BAGHDAD - The extremist gunmen had surrounded the village for more than a week, refusing to let residents leave and insisting that they convert to Islam.
A handful did, and when the village's elders found out that they had abandoned the community's Yazidi faith, they killed them.
That news enraged the fighters from the extremist Islamic State in Iraq and Syria, 'so they stormed the village and started killing its people,' said Hassan Khidr, a resident reached by telephone who managed to flee after the killings began.
The extent of the killings on Friday in Kocho, a small, isolated village near the town of Sinjar in northern Iraq, remained unclear Saturday night, although some residents and Iraqi officials said they believed that scores of people had died at the hands of ISIS.
The killings are likely to heighten international concern about the plight of Iraq's Yazidi minority, tens of thousands of whose members have fled their homes and villages under the threat of attack from ISIS.
In recent months, ISIS, which calls itself the Islamic State and seeks to create a caliphate, or government for all the world's Muslims, had expanded the area it controls in northern and eastern Iraq, clashing both with Iraqi security forces and Kurdish militias.
Alarm at the group's rapid growth - and at the humanitarian suffering it has unleashed - led President Obama to launch airstrikes on ISIS positions.
ISIS' ideology, which considers all who do not accept its fundamentalist interpretation of Islam heretics, has proved to be a particularly destructive force in Iraq, home to a range of ethnic and religious groups, including the Yazidis killed Friday.
Mr.
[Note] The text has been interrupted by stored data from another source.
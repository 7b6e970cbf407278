-- ===== src/Connection/Kept/Driver.antt =====
-- `drive`, and what follows it in the operations, keep what is kept.
use cobs_io_async_rs.Connection.Api.{op_eq, due, notify_op, notify, finish}
use cobs_io_async_rs.Connection.Drive.{
  fail, failure, report, after_timer, after_input, after_output, step, settle, drive_loop, drive,
}
use cobs_io_async_rs.Connection.Deadline.{poll_timer}
use cobs_io_async_rs.Connection.Input.{poll_input}
use cobs_io_async_rs.Connection.Kept.Deadline.{poll_timer_kept}
use cobs_io_async_rs.Connection.Kept.{IsKept}
use cobs_io_async_rs.Connection.Output.{poll_output}
use cobs_io_async_rs.Connection.State.{
  Work, blocked, progress, yield, Op, op_read, op_write, op_flush, op_progress, Health, health_ok,
  health_failed, reported, Waiters, Reliable, Outcome, is_ok,
}
use cobs_io_async_rs.Connection.Waiters.{register, clear, wake, wake_lem, wake_by_ref}
use cobs_io_async_rs.Error.{ConnectionError}
use cobs_io_async_rs.Prelude.Exec.Ensures.{Ensures, bind-Ensures}
use cobs_io_async_rs.Prelude.Exec.Holds.{if-Holds}
use cobs_io_async_rs.Prelude.Exec.{ret}
use cobs_io_async_rs.Prelude.{
  ℕ, zero, suc, ◌+◌, sym, subst, Bool, true, false, not, ◌||◌, List, Option, none, some, ok, err,
}
use cobs_io_async_rs.Transport.{Waker, Poll, ready, pending, Transport, Timer}

module _ {T C E : Type 0} (link : Transport T E) (clock : Timer C) (capacity : ℕ)
    (P : Reliable T C E → Type 0) (k : IsKept link clock capacity P) where
  abbrev After : Outcome T C E → Type 0
  After (c, r) = P c

  after_timer_kept :
      (output input : Work) (o : Outcome T C E)
      → After o
      → After (after_timer link clock capacity output input o)
  unfolding after_timer
  after_timer_kept output input (c, err e) v = v
  after_timer_kept output input (c, ok timer) v = v

  after_input_kept :
      (cx : Waker) (output : Work) (o : Outcome T C E)
      → After o
      → After (after_input link clock capacity cx output o)
  unfolding after_input
  after_input_kept cx output (c, err e) v = v
  after_input_kept cx output (c, ok input) v =
      after_timer_kept output input (poll_timer clock capacity cx input c)
        (poll_timer_kept link clock capacity P k cx input c v)

  after_output_kept :
      (cx : Waker) (budget : ℕ) (o : Outcome T C E)
      → After o
      → Ensures (λ r. After r.1) (after_output link clock capacity cx budget o)
  unfolding after_output
  after_output_kept cx budget (c, err e) v = v
  after_output_kept cx budget (c, ok output) v =
      bind-Ensures (λ r. After r.1) (λ r. After r.1) (poll_input capacity link cx budget c) _
        (k.inputs cx budget c v) (λ r w. after_input_kept cx output r.1 w)

  step_kept :
      (cx : Waker) (budget : ℕ) (c : Reliable T C E)
      → P c
      → Ensures (λ r. After r.1) (step link clock capacity cx budget c)
  unfolding step
  step_kept cx budget c v =
      bind-Ensures (λ r. After r.1) (λ r. After r.1) (poll_output link clock cx budget c) _
        (k.outputs cx budget c v) (λ r w. after_output_kept cx r.0 r.1 w)

  woken :
      (c : Reliable T C E) (w : Waiters) (l : List Waker)
      → P c
      → P (record c { waiters = w; woken = l })
  woken c w l v = k.plumbing c c.timer c.health c.final_input w l v

  ailing :
      (c : Reliable T C E) (h : Health E) (left : Option ℕ)
      → P c
      → P (record c { health = h; final_input = left })
  ailing c h left v = k.plumbing c c.timer h left c.waiters c.woken v

  pub fail_kept : (e : ConnectionError E) (c : Reliable T C E) → P c → P (fail e c)
  unfolding fail
  fail_kept e c v = ailing c _ none v

  settle_kept : (cx : Waker) (o : Outcome T C E) → After o → P (settle link clock capacity cx o).0
  unfolding settle wake_by_ref
  settle_kept cx (c, ok progress) v = v
  settle_kept cx (c, ok blocked) v = v
  settle_kept cx (c, ok yield) v = woken c c.waiters _ v
  settle_kept cx (c, err e) v = fail_kept e c v

  drive_loop_kept :
      (fuel : ℕ) (cx : Waker) (budget : ℕ) (c : Reliable T C E)
      → P c
      → Ensures (λ r. P r.1) (drive_loop link clock capacity fuel cx budget c)
  unfolding drive_loop
  drive_loop_kept zero cx budget c v = tt
  drive_loop_kept (suc fuel) cx budget c v =
      bind-Ensures (λ r. After r.1) (λ r. P r.1) (step link clock capacity cx budget c) _
        (step_kept cx budget c v)
        (λ r w.
          next r.0 (settle link clock capacity cx r.1).1 (settle link clock capacity cx r.1).0
            (drive_loop_kept fuel cx) (settle_kept cx r.1 w))
    where
      next :
          (left : ℕ) (done : Option Work) (c' : Reliable T C E)
          → ((budget : ℕ) (c : Reliable T C E)
              → P c
              → Ensures (λ r. P r.1) (drive_loop link clock capacity fuel cx budget c))
          → P c'
          → Ensures
              (λ r. P r.1)
              (elim done [
                | none ↦ drive_loop link clock capacity fuel cx left c'
                | some work ↦ ret (left, c', work)
              ])
      next left none c' ih w = ih left c' w
      next left (some work) c' ih w = w

  pub drive_kept :
      (cx : Waker) (budget : ℕ) (c : Reliable T C E)
      → P c
      → Ensures (λ r. P r.1) (drive link clock capacity cx budget c)
  unfolding drive
  drive_kept cx budget c v =
      if-Holds (Ensures (λ r. P r.1)) (not (is_ok c.health)) (λ e. v)
        (λ e. drive_loop_kept (budget + 1) cx budget c v)

  report_kept : (h : Health E) (c : Reliable T C E) → P c → P (report h c).0
  unfolding report
  report_kept health_ok c v = ailing c health_ok c.final_input v
  report_kept (health_failed e) c v = ailing c reported c.final_input v
  report_kept reported c v = ailing c reported c.final_input v

  pub failure_kept : (c : Reliable T C E) → P c → P (failure c).0
  unfolding failure
  failure_kept c v = report_kept c.health c v

  pub wake_kept : (op : Op) (c : Reliable T C E) → P c → P (wake op c)
  wake_kept op c v = subst P (sym (wake_lem op c)) (woken c _ _ v)

  notify_op_kept :
      (done : Op) (everyone : Bool) (op : Op) (c : Reliable T C E)
      → P c
      → P (notify_op done everyone op c)
  unfolding notify_op
  notify_op_kept done everyone op c v =
      if-Holds P (op_eq op done) (λ e. v)
        (λ e. if-Holds P (everyone || due op c) (λ e. wake_kept op c v) (λ e. v))

  notify_kept :
      (done : Op) (completed : Bool) (c : Reliable T C E) → P c → P (notify done completed c)
  unfolding notify
  notify_kept done completed c v =
      let everyone = completed || not (is_ok c.health) in
      notify_op_kept done everyone op_progress _ (
        notify_op_kept done everyone op_flush _
          (notify_op_kept done everyone op_write _ (notify_op_kept done everyone op_read c v)))

  pub finish_kept {ℓ} :
      {R : Type ℓ} (op : Op) (cx : Waker) (c : Reliable T C E) (poll : Poll R)
      → P c
      → P (finish op cx c poll).0
  unfolding finish clear register
  finish_kept op cx c (ready r) v = notify_kept op true _ (woken c _ c.woken v)
  finish_kept op cx c pending v = notify_kept op false _ (woken c _ c.woken v)
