-- ===== src/Protocol/Packet/Scratch.antt =====
-- The scratch space that `encode_data` of src/protocol.rs assembles a packet in.
use cobs_io_async_rs.Prelude.Exec.Ensures.{
  Ensures, bind-Ensures, map-Ensures, Ensures-any, length-copy_at,
}
use cobs_io_async_rs.Prelude.Exec.{sub, slice_to, copy_at}
use cobs_io_async_rs.Prelude.{ℕ, ◌+◌, [], ◌∷◌, Bytes, ◌≡◌, ◌∙◌, length, to_be_bytes}
use cobs_io_async_rs.Protocol.Crc.{crc32}
use cobs_io_async_rs.Protocol.Packet.{expect, seal, header, encode_data, kind_data}
use cobs_io_async_rs.Protocol.Payload.{header_len, crc_len, overhead}
use cobs_io_async_rs.Sync.Encode.{encode_from_slice_including_sentinels}

abbrev Same : Bytes → Bytes → Type 0
Same decoded bytes = length bytes ≡ length decoded

header-Same :
    (decoded : Bytes) (kind session seq : ℕ)
    → Ensures (Same decoded) (header decoded kind session seq)
unfolding header
header-Same decoded kind session seq =
    bind-Ensures (Same decoded) (Same decoded) (copy_at decoded 0 (kind ∷ [])) _
      (length-copy_at decoded 0 (kind ∷ []))
      (λ x e.
        bind-Ensures (Same x) (Same decoded) (copy_at x 1 (to_be_bytes 8 session)) _
          (length-copy_at x 1 (to_be_bytes 8 session))
          (λ y f.
            map-Ensures (Same y) (Same decoded) _ (length-copy_at y 9 (to_be_bytes 4 seq))
              (λ z g. g ∙ f ∙ e)))

seal-Same :
    (decoded : Bytes) (len : ℕ) (frame : Bytes)
    → Ensures (λ r. Same decoded r.0) (seal decoded len frame)
unfolding seal
seal-Same decoded len frame =
    bind-Ensures (λ n. Unit {0}) (λ r. Same decoded r.0) (sub len crc_len) _
      (Ensures-any (sub len crc_len))
      (λ body_len i.
        bind-Ensures (λ n. Unit {0}) (λ r. Same decoded r.0) (slice_to decoded body_len) _
          (Ensures-any (slice_to decoded body_len))
          (λ body j.
            let crc : Bytes = to_be_bytes 4 (crc32 body) in
            bind-Ensures (Same decoded) (λ r. Same decoded r.0) (copy_at decoded body_len crc) _
              (length-copy_at decoded body_len crc)
              (λ x e.
                bind-Ensures (λ n. Unit {0}) (λ r. Same decoded r.0) (slice_to x len) _
                  (Ensures-any (slice_to x len))
                  (λ packet k.
                    let sealed = encode_from_slice_including_sentinels packet frame in
                    bind-Ensures (λ n. Unit {0}) (λ r. Same decoded r.0) (expect sealed) _
                      (Ensures-any (expect sealed)) (λ n l. e)))))

-- `scratch` keeps its length.
pub encode_data-Same :
    (session seq : ℕ) (payload scratch frame : Bytes)
    → Ensures (λ w. length w.0 ≡ length scratch) (encode_data session seq payload scratch frame)
unfolding encode_data
encode_data-Same session seq payload scratch frame =
    bind-Ensures (Same scratch) (λ w. Same scratch w.0) (header scratch kind_data session seq) _
      (header-Same scratch kind_data session seq)
      (λ x e.
        bind-Ensures (Same x) (λ w. Same scratch w.0) (copy_at x header_len payload) _
          (length-copy_at x header_len payload)
          (λ y f.
            map-Ensures (λ w. Same y w.0) (λ w. Same scratch w.0) _
              (seal-Same y (overhead + length payload) frame) (λ w g. g ∙ f ∙ e)))
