-- ===== src/Connection/Kept/Api.antt =====
-- The operations of the user, and what they keep.
use cobs_io_async_rs.Connection.Valid.Writing.{not_busy, check_sequence-out}
use cobs_io_async_rs.Connection.Api.{
  data_out_busy, read_payload, poll_read, check_sequence, accept, try_accept, queue_packet,
  poll_write, poll_progress, flush_result, poll_flush, write_ready,
}
use cobs_io_async_rs.Connection.Drive.{failure, drive}
use cobs_io_async_rs.Connection.Kept.Driver.{drive_kept, failure_kept, fail_kept, finish_kept}
use cobs_io_async_rs.Connection.Kept.{IsKept}
use cobs_io_async_rs.Connection.State.{
  is_idle, Work, blocked, progress, yield, step_budget, op_read, op_write, op_flush, op_progress,
  queued, Reliable,
}
use cobs_io_async_rs.Error.{ConnectionError, sequence_exhausted}
use cobs_io_async_rs.Prelude.Exec.Ensures.{Ensures, bind-Ensures, Ensures-any}
use cobs_io_async_rs.Prelude.Exec.Holds.{if-Holds}
use cobs_io_async_rs.Prelude.Exec.{ret, ◌>>=◌, slice_to, slice_from, copy_at}
use cobs_io_async_rs.Prelude.{
  ◌≡◌, refl, ap, ◌∙◌, ℕ, ◌+◌, ◌-◌, ◌%◌, ◌^◌, min, Bool, true, false, not, ◌&&◌, ltb, [], ◌∷◌, Bytes,
  Option, none, some, length,
}
use cobs_io_async_rs.Protocol.Packet.Scratch.{encode_data-Same}
use cobs_io_async_rs.Protocol.Packet.{encode_data}
use cobs_io_async_rs.Protocol.Payload.{max_payload}
use cobs_io_async_rs.Transport.{Waker, Transport, Timer}

-- What the steps of the user change.
pub record IsUserKept {T C E : Type 0} (P : Reliable T C E → Type 0) : Type 0 where
  pub reads : (c : Reliable T C E) (n : ℕ) → P c → P (record c { rx_start = n })
  pub accepts :
      (c : Reliable T C E) (scratch tx_frame : Bytes) (tx_len : ℕ)
      → data_out_busy c.out ≡ false
      → length scratch ≡ length c.scratch
      → P c
      → P (record c {
        scratch = scratch;
        tx_frame = tx_frame;
        tx_len = tx_len;
        tx_next = c.tx_next + 1;
        tx_retries = 0;
        tx = queued;
      })

module _ {T C E : Type 0} (link : Transport T E) (clock : Timer C) (capacity : ℕ)
    (P : Reliable T C E → Type 0) (k : IsKept link clock capacity P) where
  pub poll_progress_kept :
      (cx : Waker) (c : Reliable T C E)
      → P c
      → Ensures (λ r. P r.0) (poll_progress link clock capacity cx c)
  unfolding poll_progress
  poll_progress_kept cx c v =
      bind-Ensures (λ r. P r.1) (λ r. P r.0) (drive link clock capacity cx step_budget c) _
        (drive_kept link clock capacity P k cx step_budget c v)
        (λ d w.
          finish_kept link clock capacity P k op_progress cx _ _
            (failure_kept link clock capacity P k d.1 w))

  pub flush_result_kept :
      (f : Reliable T C E × Option (ConnectionError E))
      → P f.0
      → P (flush_result link clock capacity f).0
  unfolding flush_result
  flush_result_kept (c, some e) w = w
  flush_result_kept (c, none) w = w

  pub poll_flush_kept :
      (cx : Waker) (c : Reliable T C E)
      → P c
      → Ensures (λ r. P r.0) (poll_flush link clock capacity cx c)
  unfolding poll_flush
  poll_flush_kept cx c v =
      bind-Ensures (λ r. P r.1) (λ r. P r.0) (drive link clock capacity cx step_budget c) _
        (drive_kept link clock capacity P k cx step_budget c v)
        (λ d w.
          finish_kept link clock capacity P k op_flush cx _ _
            (flush_result_kept (failure d.1) (failure_kept link clock capacity P k d.1 w)))

  pub check_sequence_kept : (c : Reliable T C E) → P c → P (check_sequence link clock capacity c)
  unfolding check_sequence
  check_sequence_kept c v =
      if-Holds P (write_ready c && ltb (2 ^ 32 - 1) c.tx_next)
        (λ e. fail_kept link clock capacity P k sequence_exhausted c v) (λ e. v)

  module _ (u : IsUserKept P) where
    pub read_payload_kept :
        (buf : Bytes) (c : Reliable T C E)
        → P c
        → Ensures (λ r. P r.1) (read_payload link clock capacity buf c)
    unfolding read_payload
    read_payload_kept buf c v =
        if-Holds (Ensures (λ r. P r.1)) (ltb c.rx_start c.rx_end)
          (λ e.
            bind-Ensures (λ h. Unit {0}) (λ r. P r.1) (slice_to c.rx_payload (c.rx_start + n)) _
              (Ensures-any (slice_to c.rx_payload (c.rx_start + n)))
              (λ h i.
                bind-Ensures (λ b. Unit {0}) (λ r. P r.1) (slice_from h c.rx_start) _
                  (Ensures-any (slice_from h c.rx_start))
                  (λ b j.
                    bind-Ensures (λ x. Unit {0}) (λ r. P r.1) (copy_at buf 0 b) _
                      (Ensures-any (copy_at buf 0 b)) (λ x l. u.reads c (c.rx_start + n) v))))
          (λ e. failure_kept link clock capacity P k c v)
      where
        n : ℕ
        n = min (length buf) (c.rx_end - c.rx_start)

    pub poll_read_kept :
        (cx : Waker) (buf : Bytes) (c : Reliable T C E)
        → P c
        → Ensures (λ r. P r.1) (poll_read link clock capacity cx buf c)
    unfolding poll_read
    poll_read_kept cx [] c v = v
    poll_read_kept cx (b ∷ buf) c v =
        bind-Ensures (λ r. P r.1) (λ r. P r.1) (drive link clock capacity cx step_budget c) _
          (drive_kept link clock capacity P k cx step_budget c v)
          (λ d w.
            bind-Ensures (λ r. P r.1) (λ r. P r.1) (read_payload link clock capacity (b ∷ buf) d.1)
              _ (read_payload_kept (b ∷ buf) d.1 w)
              (λ r x. finish_kept link clock capacity P k op_read cx r.1 r.2 x))

    queued_kept :
        (cx : Waker) (budget len : ℕ) (work : Work) (c : Reliable T C E)
        → P c
        → Ensures
            (λ (r : Reliable T C E × ℕ). P r.0)
            (elim work [
              | yield ↦ ret (c, len)
              | _ ↦ (do (budget, c, work) ← drive link clock capacity cx budget c; ret (c, len))
            ])
    queued_kept cx budget len yield c v = v
    queued_kept cx budget len blocked c v =
        bind-Ensures (λ r. P r.1) (λ r. P r.0) (drive link clock capacity cx budget c) _
          (drive_kept link clock capacity P k cx budget c v) (λ d w. w)
    queued_kept cx budget len progress c v =
        bind-Ensures (λ r. P r.1) (λ r. P r.0) (drive link clock capacity cx budget c) _
          (drive_kept link clock capacity P k cx budget c v) (λ d w. w)

    accept_kept :
        (cx : Waker) (budget : ℕ) (work : Work) (buf : Bytes) (c : Reliable T C E)
        → data_out_busy c.out ≡ false
        → P c
        → Ensures (λ r. P r.0) (accept link clock capacity cx budget work buf c)
    unfolding accept
    accept_kept cx budget work buf c free v =
        bind-Ensures (λ p. Unit {0}) (λ r. P r.0) (slice_to buf len) _
          (Ensures-any (slice_to buf len))
          (λ p i.
            bind-Ensures (λ w. length w.0 ≡ length c.scratch) (λ r. P r.0)
              (encode_data c.config.session (c.tx_next % 2 ^ 32) p c.scratch c.tx_frame) _
              (encode_data-Same c.config.session (c.tx_next % 2 ^ 32) p c.scratch c.tx_frame)
              (λ w same. queued_kept cx budget len work _ (u.accepts c w.0 w.1 w.2 free same v)))
      where
        len : ℕ
        len = min (length buf) (max_payload capacity)

    try_accept_kept :
        (cx : Waker) (budget : ℕ) (work : Work) (busy : Bool) (buf : Bytes)
        (f : Reliable T C E × Option (ConnectionError E))
        → (busy ≡ false → data_out_busy f.0.out ≡ false)
        → P f.0
        → Ensures (λ r. P r.0) (try_accept link clock capacity cx budget work busy buf f)
    unfolding try_accept
    try_accept_kept cx budget work busy buf (c, some e) free v = v
    try_accept_kept cx budget work true buf (c, none) free v = v
    try_accept_kept cx budget work false buf (c, none) free v =
        bind-Ensures (λ r. P r.0) (λ r. P r.0) (accept link clock capacity cx budget work buf c) _
          (accept_kept cx budget work buf c (free refl) v) (λ a w. w)

    queue_packet_kept :
        (cx : Waker) (buf : Bytes) (c : Reliable T C E)
        → P c
        → Ensures (λ r. P r.0) (queue_packet link clock capacity cx buf c)
    unfolding queue_packet
    queue_packet_kept cx buf c v =
        bind-Ensures (λ r. P r.1) (λ r. P r.0) (drive link clock capacity cx step_budget c) _
          (drive_kept link clock capacity P k cx step_budget c v)
          (λ d w.
            try_accept_kept cx d.0 d.2 (not (write_ready d.1)) buf _
              (λ e.
                ap data_out_busy (check_sequence-out link clock capacity d.1)
                ∙ not_busy (is_idle d.1.tx) (data_out_busy d.1.out) e)
              (failure_kept link clock capacity P k _ (check_sequence_kept d.1 w)))

    pub poll_write_kept :
        (cx : Waker) (buf : Bytes) (c : Reliable T C E)
        → P c
        → Ensures (λ r. P r.0) (poll_write link clock capacity cx buf c)
    unfolding poll_write
    poll_write_kept cx [] c v = v
    poll_write_kept cx (b ∷ buf) c v =
        bind-Ensures (λ r. P r.0) (λ r. P r.0) (queue_packet link clock capacity cx (b ∷ buf) c) _
          (queue_packet_kept cx (b ∷ buf) c v)
          (λ r w. finish_kept link clock capacity P k op_write cx r.0 r.1 w)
Khidr spoke by telephone from a hospital. He said had been detained by ISIS fighters with other men inside a school when the killings began.
He had played dead, he said, until he had an opportunity to flee, and saw a number of bodies as he was leaving.
A prominent member of a local Arab tribe told a similar story, saying ISIS had surrounded two Yazidi villages and given people there 10 days to convert to Islam. Residents of one village had managed to flee, said the man, who gave only his first name, Abdel-Rahman, because he feared retribution by the militants.
'But the time ran out for Kocho, so the gunmen from the Islamist State stormed it and killed their men,' he said.
It remained unclear what had become of the village's women and children. Mr. Khadr said he did not think they had been killed, but had been rounded up and taken somewhere else.
Halgurd Hekmat, a spokesman for Kurdish security forces, said the militants took the women and children to the nearby city of Tal Afar, said.
Elsewhere in northern Iraq, airstrikes hit near the insurgent-held city of Mosul early Saturday, easing the mounting tension felt by the Kurdish forces trying to hold the Sunni militants at bay.
The strikes landed near the Mosul Dam, which militants claimed more than a week ago, in addition to at least one other area in the hinterlands between militant and government control. Hospital officials in Mosul said that the strikes killed at least 11 ISIS militants.
The Kurdish forces have been pushed back to operating bases on several fronts in recent weeks, including Khazir, where airstrikes occurred in the early hours of Saturday along the hills in front of rebel-held territory.
'This has become a frontline in the battle against ISIS,' said Mohammad Mohsin Ahmedi, an assistant to Rowsch Nuri Shaways, the country's deputy minister, who was visiting the area on Saturday. 'The airstrikes and support we have received from the international community has been very useful in our efforts to stop the ISIS advance.'
Officials described the area as a crucial point along the road to Erbil, in northern Iraq.
'If anyone breaks through this line, then that's Erbil,' said Azizi Shwan Ahmed, the chief of staff in the Mr. Rowsch's office. 'This is defending the capital directly.'
The officials said that airstrikes have been semi-regular in the last few days, and are not always a response to an imminent advance by the Sunni fighters. On Saturday morning, for instance, the Kurdish fighters in the area said they did not call for the attack or even see a militant push to prompt them.
'It wasn't because they were advancing,' Mr. Ahmedi said. 'When the planes see ISIS movement they stop it.'
Outside of the headquarters, where several commanders and local politicians gathered Saturday afternoon, the Kurdish fighters scanned the horizon from their forward bases. The fighters said that they sleep during the day and are awake at night, when most of the shooting from the militants happens. The village of Hasan Sham, where the Sunni militants operate openly, sat a few miles away.
Officials said there were no imminent plans to capitalize on the air assaults, as has been the case in other areas following strikes.
The landscape nearby was filled with refugee tents that until roughly 10 days ago were filled with minorities fleeing ISIS fighters. They now sit empty, their white tarps forming tidy rows along the side of a hill. In the last week, those refugees have continued their flight to safety.